Desde la organización señalaron que la destrucción de canales de regadío y bocatomas afecta directamente el suministro de agua para miles de hectáreas agrícolas, pero también compromete el funcionamiento de diversos Sistemas de Agua Potable Rural (APR), que utilizan estas obras para captar el recurso destinado al consumo de las personas.
A ello se suma una compleja situación para pequeños agricultores y productores, quienes enfrentan el riesgo de perder cultivos de primavera y verano debido a la imposibilidad de conducir agua hacia sus predios.
La Junta de Vigilancia advirtió que existen sectores donde los parrones fueron derribados por la nieve, invernaderos colapsaron por el viento y numerosas hortalizas podrían perderse por falta de riego. Esta situación también amenaza cientos de puestos de trabajo vinculados a la actividad agrícola de la provincia.

CANALES DESTRUIDOS Y LOCALIDADES SIN AGUA

Entre las principales preocupaciones se encuentra la interrupción del suministro de agua hacia diversas comunidades. Sectores como Buena Esperanza, Longomilla y Maitencillo permanecieron durante semanas con serias dificultades para acceder al recurso debido a los daños sufridos por la infraestructura de conducción.
Asimismo, la Junta de Vigilancia informó que comunidades de regantes no cuentan con los recursos suficientes para enfrentar por sí solas una reconstrucción de esta magnitud, por lo que solicitaron acelerar el apoyo estatal para restablecer el servicio lo antes posible. Más allá de la emergencia inmediata, la organización considera que el desastre debe transformarse en un punto de inflexión para el desarrollo del valle.

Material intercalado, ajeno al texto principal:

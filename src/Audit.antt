-- ===== src/Audit.antt =====
-- The audit log (internal/audit/audit.go): a chain of entries, each with a hash over the one before.
-- Times are nanoseconds; `hash` is `sha256.Sum256`, `clock` prints times. The file is the text
-- written to it; `OnEntry`, which only shows entries, is left out.
pub mod Danger
pub mod Chain
pub mod Report
pub mod Tally
pub mod Tests
use lokifix.Prelude.{
  starts_rune, rune_count, ℕ, zero, suc, ◌+◌, ◌-◌, ◌*◌, ◌/◌, ◌%◌, ◌^◌, ◌≤◌, ◌<◌, ◌≡◌, refl, sym, ap,
  ap₂, subst, ◌∙◌, ◌≢◌, ◌↔◌, ◌⊎◌, inl, inr, Bool, true, false, not, ◌&&◌, ◌||◌, Option, none, some,
  List, [], ◌∷◌, ◌++◌, map, append-nil, append_assoc, arith, ltb, leb, ◌==◌, if◌then◌else◌, ltb→lt,
  lt→ltb, leb→le, ==_iff, Bool-cases, Option-cases, length, get_elem?, length-append, take, drop,
  replicate, length-take, length-drop, length-replicate, take-append-drop, take-append, take_all,
  take_nil, nil_of_length, length-map, All, All-append, Bytes, codes, eq_bytes, eq_bytes_iff,
  eq_bytes_refl, eq_bytes→eq, is_empty, lower, upper, to_lower, to_upper, to_lower_idem, is_space,
  trim_left, trim_right, trim_space, split_on, split, push_left, cut_at, replace_byte, join,
  show_nat, has_prefix, contains, has_prefix_sound, has_prefix_complete, contains_sound,
  contains_complete,
}

pub record Entry : Type 0 where
  pub timestamp : ℕ
  pub session_id : Bytes
  pub action : Bytes
  pub detail : Bytes
  pub outcome : Bytes
  pub prev_hash : Bytes
  pub hash : Bytes

pub record Logger : Type 0 where
  pub file : Bytes
  pub session_id : Bytes
  pub side : Bytes
  pub prev_hash : Bytes
  pub entries : List Entry
  pub start_time : ℕ

-- The layouts of `time.Format` that the log uses.
pub record Clock : Type 0 where
  pub nano : ℕ → Bytes
  pub seconds : ℕ → Bytes
  pub rfc3339 : ℕ → Bytes

unfoldable pub hex_digit : ℕ → ℕ
hex_digit n = if ltb n 10 then b'0' + n else 87 + n

unfoldable pub hex : Bytes → Bytes
unfolding hex_digit
hex [] = []
hex (c ∷ s) = hex_digit (c / 16) ∷ hex_digit (c % 16) ∷ hex s

-- `%-15s` and the like.
unfoldable pub left_justified : ℕ → Bytes → Bytes
unfolding rune_count
left_justified width s = s ++ replicate (width - rune_count s) b' '

abbrev bar : Bytes
bar = codes " | "

-- `NewLogger`, where the directory and the file could be made.
unfoldable pub new_logger : Clock → Bytes → Bytes → ℕ → Logger
new_logger clock side session_id now = record {
  file =
      codes "# LokiFix Audit Log\n# Side: "
      ++ side
      ++ codes "\n# Session: "
      ++ session_id
      ++ codes "\n# Started: "
      ++ clock.rfc3339 now
      ++ codes "\n# Format: TIMESTAMP | SESSION | ACTION | DETAIL | RESULT | PREV_HASH | HASH\n#\n";
  session_id = session_id;
  side = side;
  prev_hash = codes "GENESIS";
  entries = [];
  start_time = now;
}

unfoldable pub display_detail : Bytes → Bytes
display_detail detail = if ltb 200 (length detail) then take 200 detail ++ codes "..." else detail

unfoldable pub hash_input : Clock → Bytes → ℕ → Bytes → Bytes → Bytes → Bytes
hash_input clock prev now action detail outcome =
    prev ++ b'|' ∷ (clock.nano now ++ b'|' ∷ (action ++ b'|' ∷ (detail ++ b'|' ∷ outcome)))

unfoldable pub short_hash : (Bytes → Bytes) → Bytes → Bytes
unfolding hex
short_hash hash s = take 16 (hex (hash s))

unfoldable pub log_line : Clock → Entry → Bytes
unfolding left_justified
log_line clock e =
    clock.seconds e.timestamp
    ++ bar
    ++ e.session_id
    ++ bar
    ++ left_justified 15 e.action
    ++ bar
    ++ left_justified 200 e.detail
    ++ bar
    ++ left_justified 7 e.outcome
    ++ bar
    ++ e.prev_hash
    ++ bar
    ++ e.hash
    ++ codes "\n"

unfoldable pub make_entry : (Bytes → Bytes) → Clock → Logger → ℕ → Bytes → Bytes → Bytes → Entry
unfolding display_detail hash_input short_hash
make_entry hash clock l now action detail outcome = record {
  timestamp = now;
  session_id = l.session_id;
  action = action;
  detail = display_detail detail;
  outcome = outcome;
  prev_hash = take 16 l.prev_hash;
  hash = short_hash hash (hash_input clock l.prev_hash now action detail outcome);
}

-- `Logger.Log`: what the logger is afterwards.
unfoldable pub log : (Bytes → Bytes) → Clock → ℕ → Bytes → Bytes → Bytes → Logger → Logger
unfolding make_entry log_line
log hash clock now action detail outcome l =
    let entry = make_entry hash clock l now action detail outcome in
    record l {
      file = l.file ++ log_line clock entry;
      prev_hash = entry.hash;
      entries = l.entries ++ entry ∷ [];
    }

Entre las propuestas planteadas se encuentra la construcción de infraestructura hidráulica más resiliente, el desarrollo de canales matrices, la modernización de bocatomas y una planificación territorial que incorpore los efectos del cambio climático y eventos extremos que, según advierten, «llegaron para quedarse».
También hicieron un llamado a fortalecer las labores de prevención, especialmente la limpieza y mantención de cauces y riberas, señalando que la acumulación de vegetación y residuos contribuyó al desborde del río en distintos sectores de la provincia, agravando los daños registrados durante el temporal.

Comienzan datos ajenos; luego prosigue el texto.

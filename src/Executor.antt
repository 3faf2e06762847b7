-- ===== src/Executor.antt =====
-- Running a command (internal/executor/executor.go). What the process does is a parameter: the
-- system is given the program with its arguments and the time it has, in nanoseconds.
use lokifix.Prelude.Int.{ℤ, pos, negsuc}
use lokifix.Prelude.Int64.{wrap_int64}
use lokifix.World.{World}
use lokifix.Protocol.Message.{ShellExecResult}
use lokifix.Prelude.{
  ℕ, ◌*◌, Option, none, some, List, [], ◌∷◌, ◌++◌, ◌==◌, if◌then◌else◌, Bytes, codes, eq_bytes,
  to_lower,
}

-- Why `cmd.Run` reports an error: the process has exited with a code, the context ended, or it
-- could not be run, for a reason.
pub data Failure : Type 0 where
  exited : ℤ → Failure
  timed_out : Failure
  not_run : Bytes → Failure

pub record Outcome : Type 0 where
  pub stdout : Bytes
  pub stderr : Bytes
  pub failure : Option Failure

pub record Processes : Type 0 where
  pub spawn : List Bytes → ℤ → World → World × Outcome
  pub show_duration : ℤ → Bytes

abbrev pub second : ℕ
second = 1000000000

abbrev pub default_timeout : ℤ
default_timeout = pos (120 * second)

unfoldable pub timeout_of : ℤ → ℤ
unfolding wrap_int64
timeout_of (pos n) = if n == 0 then default_timeout else wrap_int64 (pos (n * second))
timeout_of (negsuc n) = default_timeout

unfoldable pub command_line : Bytes → Bytes → List Bytes
command_line command shell =
    if eq_bytes (to_lower shell) (codes "cmd")
    then codes "cmd.exe" ∷ codes "/C" ∷ command ∷ []
    else codes "powershell.exe"
      ∷ codes "-NoProfile"
      ∷ codes "-NonInteractive"
      ∷ codes "-ExecutionPolicy"
      ∷ codes "Bypass"
      ∷ codes "-Command"
      ∷ command
      ∷ []

unfoldable pub result_of : Processes → ℤ → Outcome → ShellExecResult
result_of os timeout o = elim o.failure [
  | none ↦ record { exit_code = pos 0; stdout = o.stdout; stderr = o.stderr }
  | some f ↦ elim f [
    | exited code ↦ record { exit_code = code; stdout = o.stdout; stderr = o.stderr }
    | timed_out ↦ record {
      exit_code = negsuc 0;
      stdout = o.stdout;
      stderr =
          codes "command timed out after " ++ os.show_duration timeout ++ codes ": " ++ o.stderr;
    }
    | not_run why ↦ record {
      exit_code = negsuc 0;
      stdout = o.stdout;
      stderr = codes "exec error: " ++ why ++ codes "\n" ++ o.stderr;
    }
  ]
]

-- `executor.Run`.
unfoldable pub run : Processes → Bytes → Bytes → ℤ → World → World × ShellExecResult
unfolding timeout_of command_line result_of
run os command shell timeout_sec w =
    let timeout = timeout_of timeout_sec in
    let (w', o) = os.spawn (command_line command shell) timeout w in (w', result_of os timeout o)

Desde la Junta de Vigilancia del Río Huasco concluyeron que la recuperación del valle requerirá un esfuerzo conjunto entre el Estado, los municipios, el Gobierno Regional, las organizaciones de regantes y el mundo privado, con el objetivo de reconstruir una infraestructura capaz de responder a los desafíos climáticos del futuro y garantizar la seguridad hídrica de la Provincia del Huasco.